▸ **EXERCISE AIM**
Once you find the line with "done : Stream" in the data that follows, repeat it and every line after it exactly, through the line with "declares_too_much l none = false".

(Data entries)
------------------------

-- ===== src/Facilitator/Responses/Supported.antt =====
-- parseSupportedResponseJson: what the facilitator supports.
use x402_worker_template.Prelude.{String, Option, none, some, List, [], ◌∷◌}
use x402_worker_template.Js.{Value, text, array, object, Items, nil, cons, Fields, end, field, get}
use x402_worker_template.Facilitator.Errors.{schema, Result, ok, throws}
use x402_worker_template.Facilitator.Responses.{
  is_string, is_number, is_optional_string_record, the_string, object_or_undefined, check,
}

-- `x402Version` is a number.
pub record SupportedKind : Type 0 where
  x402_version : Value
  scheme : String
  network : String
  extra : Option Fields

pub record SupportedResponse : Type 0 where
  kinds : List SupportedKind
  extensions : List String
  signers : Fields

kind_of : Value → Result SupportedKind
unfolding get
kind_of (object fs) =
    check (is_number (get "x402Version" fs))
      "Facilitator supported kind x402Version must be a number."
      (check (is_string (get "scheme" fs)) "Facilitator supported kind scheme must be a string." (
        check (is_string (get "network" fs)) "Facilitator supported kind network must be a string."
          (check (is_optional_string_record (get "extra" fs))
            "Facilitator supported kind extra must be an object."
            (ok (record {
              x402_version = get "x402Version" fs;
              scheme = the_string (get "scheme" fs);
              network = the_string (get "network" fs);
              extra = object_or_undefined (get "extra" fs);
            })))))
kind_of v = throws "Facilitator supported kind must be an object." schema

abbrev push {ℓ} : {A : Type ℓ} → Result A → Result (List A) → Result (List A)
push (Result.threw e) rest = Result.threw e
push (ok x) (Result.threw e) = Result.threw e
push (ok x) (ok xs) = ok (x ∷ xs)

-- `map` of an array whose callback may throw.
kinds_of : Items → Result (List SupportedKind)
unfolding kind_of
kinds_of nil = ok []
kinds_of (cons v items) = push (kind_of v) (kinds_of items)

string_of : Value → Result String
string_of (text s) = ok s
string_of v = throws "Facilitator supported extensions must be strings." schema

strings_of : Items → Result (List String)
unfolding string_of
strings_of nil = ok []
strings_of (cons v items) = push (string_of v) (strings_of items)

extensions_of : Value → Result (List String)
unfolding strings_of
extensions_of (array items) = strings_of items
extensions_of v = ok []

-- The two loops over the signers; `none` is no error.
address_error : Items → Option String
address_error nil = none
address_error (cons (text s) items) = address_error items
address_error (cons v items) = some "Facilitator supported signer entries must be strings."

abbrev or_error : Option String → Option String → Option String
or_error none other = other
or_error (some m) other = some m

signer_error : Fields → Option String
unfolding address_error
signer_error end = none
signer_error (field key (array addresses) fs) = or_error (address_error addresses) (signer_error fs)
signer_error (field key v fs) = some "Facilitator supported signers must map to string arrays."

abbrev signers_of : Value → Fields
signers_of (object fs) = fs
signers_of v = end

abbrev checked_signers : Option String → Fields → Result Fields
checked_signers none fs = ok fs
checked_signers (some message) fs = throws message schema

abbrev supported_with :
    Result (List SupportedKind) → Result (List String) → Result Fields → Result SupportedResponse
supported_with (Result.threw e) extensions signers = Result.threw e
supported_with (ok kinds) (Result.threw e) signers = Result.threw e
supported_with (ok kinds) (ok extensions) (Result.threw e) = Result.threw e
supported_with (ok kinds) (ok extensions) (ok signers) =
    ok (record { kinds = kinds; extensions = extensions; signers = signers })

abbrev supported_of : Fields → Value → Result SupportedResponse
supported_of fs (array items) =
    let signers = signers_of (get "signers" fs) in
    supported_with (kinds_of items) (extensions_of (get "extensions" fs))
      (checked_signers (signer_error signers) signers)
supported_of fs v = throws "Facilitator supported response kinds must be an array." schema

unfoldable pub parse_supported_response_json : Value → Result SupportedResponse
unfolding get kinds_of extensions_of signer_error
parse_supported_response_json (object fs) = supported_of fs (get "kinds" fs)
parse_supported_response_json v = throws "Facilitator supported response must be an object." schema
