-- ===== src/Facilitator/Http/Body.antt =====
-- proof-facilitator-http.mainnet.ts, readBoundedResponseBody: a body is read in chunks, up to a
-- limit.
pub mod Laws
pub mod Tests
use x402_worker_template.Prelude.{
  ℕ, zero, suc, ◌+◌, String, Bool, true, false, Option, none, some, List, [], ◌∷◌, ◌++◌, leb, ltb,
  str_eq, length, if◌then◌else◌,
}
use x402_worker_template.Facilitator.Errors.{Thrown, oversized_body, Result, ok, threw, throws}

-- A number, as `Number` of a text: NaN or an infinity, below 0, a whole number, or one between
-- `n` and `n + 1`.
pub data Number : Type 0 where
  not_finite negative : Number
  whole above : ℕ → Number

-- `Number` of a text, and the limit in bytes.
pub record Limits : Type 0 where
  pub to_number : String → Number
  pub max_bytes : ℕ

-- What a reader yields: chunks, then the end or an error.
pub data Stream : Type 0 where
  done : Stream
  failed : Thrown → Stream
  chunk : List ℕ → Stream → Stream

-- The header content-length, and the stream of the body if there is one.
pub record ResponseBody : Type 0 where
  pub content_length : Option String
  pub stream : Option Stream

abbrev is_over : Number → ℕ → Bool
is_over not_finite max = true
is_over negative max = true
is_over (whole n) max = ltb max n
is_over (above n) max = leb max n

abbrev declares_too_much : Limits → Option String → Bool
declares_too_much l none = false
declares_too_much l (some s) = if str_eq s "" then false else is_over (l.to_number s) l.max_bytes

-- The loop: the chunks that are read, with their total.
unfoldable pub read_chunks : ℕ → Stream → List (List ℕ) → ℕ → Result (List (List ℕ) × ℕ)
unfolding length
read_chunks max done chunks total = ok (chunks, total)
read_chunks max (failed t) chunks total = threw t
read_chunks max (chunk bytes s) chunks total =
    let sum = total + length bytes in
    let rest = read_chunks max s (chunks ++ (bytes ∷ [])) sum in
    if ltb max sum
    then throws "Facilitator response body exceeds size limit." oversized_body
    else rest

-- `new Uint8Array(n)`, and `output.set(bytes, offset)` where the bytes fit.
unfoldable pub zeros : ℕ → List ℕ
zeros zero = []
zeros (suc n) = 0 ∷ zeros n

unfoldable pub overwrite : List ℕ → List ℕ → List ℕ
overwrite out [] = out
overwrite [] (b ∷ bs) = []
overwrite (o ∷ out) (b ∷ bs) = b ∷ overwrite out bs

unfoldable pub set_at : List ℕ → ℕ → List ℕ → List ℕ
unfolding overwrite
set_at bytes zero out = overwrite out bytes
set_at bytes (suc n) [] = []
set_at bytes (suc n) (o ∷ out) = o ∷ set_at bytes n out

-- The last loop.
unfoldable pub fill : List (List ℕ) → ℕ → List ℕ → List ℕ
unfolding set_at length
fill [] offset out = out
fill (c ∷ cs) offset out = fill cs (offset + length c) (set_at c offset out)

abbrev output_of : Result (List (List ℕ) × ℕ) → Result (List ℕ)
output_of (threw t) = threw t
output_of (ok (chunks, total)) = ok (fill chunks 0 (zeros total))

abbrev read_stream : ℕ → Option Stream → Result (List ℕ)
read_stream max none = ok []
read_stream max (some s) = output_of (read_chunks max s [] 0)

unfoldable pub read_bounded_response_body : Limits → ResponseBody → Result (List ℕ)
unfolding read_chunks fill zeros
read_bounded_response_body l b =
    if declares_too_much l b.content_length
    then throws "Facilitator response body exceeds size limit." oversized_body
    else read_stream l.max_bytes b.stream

------------------------

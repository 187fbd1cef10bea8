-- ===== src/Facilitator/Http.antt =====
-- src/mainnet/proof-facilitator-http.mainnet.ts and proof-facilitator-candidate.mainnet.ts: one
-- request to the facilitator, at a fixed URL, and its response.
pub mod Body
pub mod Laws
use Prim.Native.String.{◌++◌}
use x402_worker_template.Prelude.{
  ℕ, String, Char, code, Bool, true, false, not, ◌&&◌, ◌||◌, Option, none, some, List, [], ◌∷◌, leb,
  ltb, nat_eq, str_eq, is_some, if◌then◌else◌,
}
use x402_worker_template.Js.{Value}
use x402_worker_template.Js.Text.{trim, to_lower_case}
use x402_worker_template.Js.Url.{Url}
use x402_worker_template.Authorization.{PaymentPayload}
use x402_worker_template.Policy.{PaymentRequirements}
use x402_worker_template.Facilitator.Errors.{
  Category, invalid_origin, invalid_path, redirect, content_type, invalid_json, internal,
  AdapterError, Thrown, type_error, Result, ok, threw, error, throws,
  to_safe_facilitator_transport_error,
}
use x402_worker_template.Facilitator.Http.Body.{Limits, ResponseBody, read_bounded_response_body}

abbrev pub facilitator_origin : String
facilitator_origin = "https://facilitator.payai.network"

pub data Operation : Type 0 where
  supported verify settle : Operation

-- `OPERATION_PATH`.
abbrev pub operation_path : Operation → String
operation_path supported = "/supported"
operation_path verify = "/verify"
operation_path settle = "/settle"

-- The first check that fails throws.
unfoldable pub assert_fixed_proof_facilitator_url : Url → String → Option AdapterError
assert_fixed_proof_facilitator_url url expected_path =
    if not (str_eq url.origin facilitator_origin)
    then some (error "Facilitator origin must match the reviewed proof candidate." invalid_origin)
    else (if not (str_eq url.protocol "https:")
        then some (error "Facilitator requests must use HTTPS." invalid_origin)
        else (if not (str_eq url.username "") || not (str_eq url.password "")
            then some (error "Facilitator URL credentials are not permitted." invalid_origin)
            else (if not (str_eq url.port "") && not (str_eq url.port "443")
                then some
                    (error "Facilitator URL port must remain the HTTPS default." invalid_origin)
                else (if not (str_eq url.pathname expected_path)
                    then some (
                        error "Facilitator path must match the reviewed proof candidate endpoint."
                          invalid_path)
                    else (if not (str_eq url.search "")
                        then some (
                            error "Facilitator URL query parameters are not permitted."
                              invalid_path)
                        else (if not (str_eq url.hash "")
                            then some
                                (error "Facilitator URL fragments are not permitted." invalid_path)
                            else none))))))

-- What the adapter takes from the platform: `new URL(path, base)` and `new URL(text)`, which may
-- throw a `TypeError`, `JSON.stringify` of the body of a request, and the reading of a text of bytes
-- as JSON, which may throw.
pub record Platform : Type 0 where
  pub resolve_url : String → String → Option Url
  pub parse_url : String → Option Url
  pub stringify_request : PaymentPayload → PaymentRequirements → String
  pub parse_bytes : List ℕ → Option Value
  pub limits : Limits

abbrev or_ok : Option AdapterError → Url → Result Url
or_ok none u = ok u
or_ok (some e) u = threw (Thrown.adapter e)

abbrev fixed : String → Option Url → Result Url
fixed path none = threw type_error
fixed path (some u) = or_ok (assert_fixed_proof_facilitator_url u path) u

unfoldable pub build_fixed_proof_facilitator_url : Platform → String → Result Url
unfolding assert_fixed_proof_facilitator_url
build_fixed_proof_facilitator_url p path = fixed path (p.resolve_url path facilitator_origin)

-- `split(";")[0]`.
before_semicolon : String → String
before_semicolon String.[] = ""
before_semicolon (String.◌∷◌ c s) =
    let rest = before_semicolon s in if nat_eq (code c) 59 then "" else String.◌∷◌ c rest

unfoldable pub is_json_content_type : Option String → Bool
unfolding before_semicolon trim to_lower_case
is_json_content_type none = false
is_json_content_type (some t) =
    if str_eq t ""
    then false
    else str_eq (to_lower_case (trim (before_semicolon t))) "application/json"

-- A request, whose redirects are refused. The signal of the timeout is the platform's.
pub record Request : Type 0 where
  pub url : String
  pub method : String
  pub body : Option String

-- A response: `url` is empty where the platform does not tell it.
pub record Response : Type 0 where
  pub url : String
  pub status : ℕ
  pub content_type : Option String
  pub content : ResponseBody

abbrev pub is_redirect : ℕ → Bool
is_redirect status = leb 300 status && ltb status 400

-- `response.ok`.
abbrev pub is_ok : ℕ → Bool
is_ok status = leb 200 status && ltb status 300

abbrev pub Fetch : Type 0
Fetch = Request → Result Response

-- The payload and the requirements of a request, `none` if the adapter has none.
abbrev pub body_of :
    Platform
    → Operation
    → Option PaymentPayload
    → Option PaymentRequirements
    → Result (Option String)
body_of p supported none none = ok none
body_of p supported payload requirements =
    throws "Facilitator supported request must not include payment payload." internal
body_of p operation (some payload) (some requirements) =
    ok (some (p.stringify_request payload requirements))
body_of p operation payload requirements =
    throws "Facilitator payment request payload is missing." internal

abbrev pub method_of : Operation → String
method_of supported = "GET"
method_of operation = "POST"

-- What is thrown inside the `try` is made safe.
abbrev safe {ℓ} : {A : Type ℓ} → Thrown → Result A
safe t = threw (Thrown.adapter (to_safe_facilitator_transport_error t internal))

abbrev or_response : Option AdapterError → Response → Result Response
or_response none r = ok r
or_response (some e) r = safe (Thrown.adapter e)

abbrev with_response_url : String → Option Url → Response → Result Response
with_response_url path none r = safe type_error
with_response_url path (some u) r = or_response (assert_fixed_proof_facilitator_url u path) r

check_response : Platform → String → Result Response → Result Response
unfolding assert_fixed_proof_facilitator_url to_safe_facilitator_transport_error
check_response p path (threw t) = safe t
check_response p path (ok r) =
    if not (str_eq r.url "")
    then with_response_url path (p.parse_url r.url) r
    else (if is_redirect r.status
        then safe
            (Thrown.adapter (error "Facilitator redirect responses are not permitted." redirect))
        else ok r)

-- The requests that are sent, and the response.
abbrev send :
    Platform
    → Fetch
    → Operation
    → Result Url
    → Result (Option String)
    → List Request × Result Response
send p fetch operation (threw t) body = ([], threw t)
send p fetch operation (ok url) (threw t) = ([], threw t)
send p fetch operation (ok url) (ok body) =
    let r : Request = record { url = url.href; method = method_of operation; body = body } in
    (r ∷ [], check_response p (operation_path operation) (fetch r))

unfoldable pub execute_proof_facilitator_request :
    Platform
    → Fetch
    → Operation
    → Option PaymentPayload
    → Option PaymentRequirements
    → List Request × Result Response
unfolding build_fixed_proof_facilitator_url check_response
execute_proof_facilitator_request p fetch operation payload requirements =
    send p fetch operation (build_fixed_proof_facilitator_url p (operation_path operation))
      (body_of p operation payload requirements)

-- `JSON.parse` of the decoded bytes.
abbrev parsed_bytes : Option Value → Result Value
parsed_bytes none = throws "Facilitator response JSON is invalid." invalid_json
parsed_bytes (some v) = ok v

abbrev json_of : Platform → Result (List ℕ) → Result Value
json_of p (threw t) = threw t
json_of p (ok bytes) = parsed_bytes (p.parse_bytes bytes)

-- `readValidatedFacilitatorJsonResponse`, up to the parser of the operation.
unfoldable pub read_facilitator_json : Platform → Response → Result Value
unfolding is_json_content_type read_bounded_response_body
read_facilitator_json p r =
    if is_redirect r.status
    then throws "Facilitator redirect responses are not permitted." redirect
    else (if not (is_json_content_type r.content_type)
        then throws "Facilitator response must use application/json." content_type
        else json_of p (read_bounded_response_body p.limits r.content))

------------------------

▸ **TASK RESULT**
  done : Stream
  failed : Thrown → Stream
  chunk : List ℕ → Stream → Stream

-- The header content-length, and the stream of the body if there is one.
pub record ResponseBody : Type 0 where
  pub content_length : Option String
  pub stream : Option Stream

abbrev is_over : Number → ℕ → Bool
is_over not_finite max = true
is_over negative max = true
is_over (whole n) max = ltb max n
is_over (above n) max = leb max n

abbrev declares_too_much : Limits → Option String → Bool
declares_too_much l none = false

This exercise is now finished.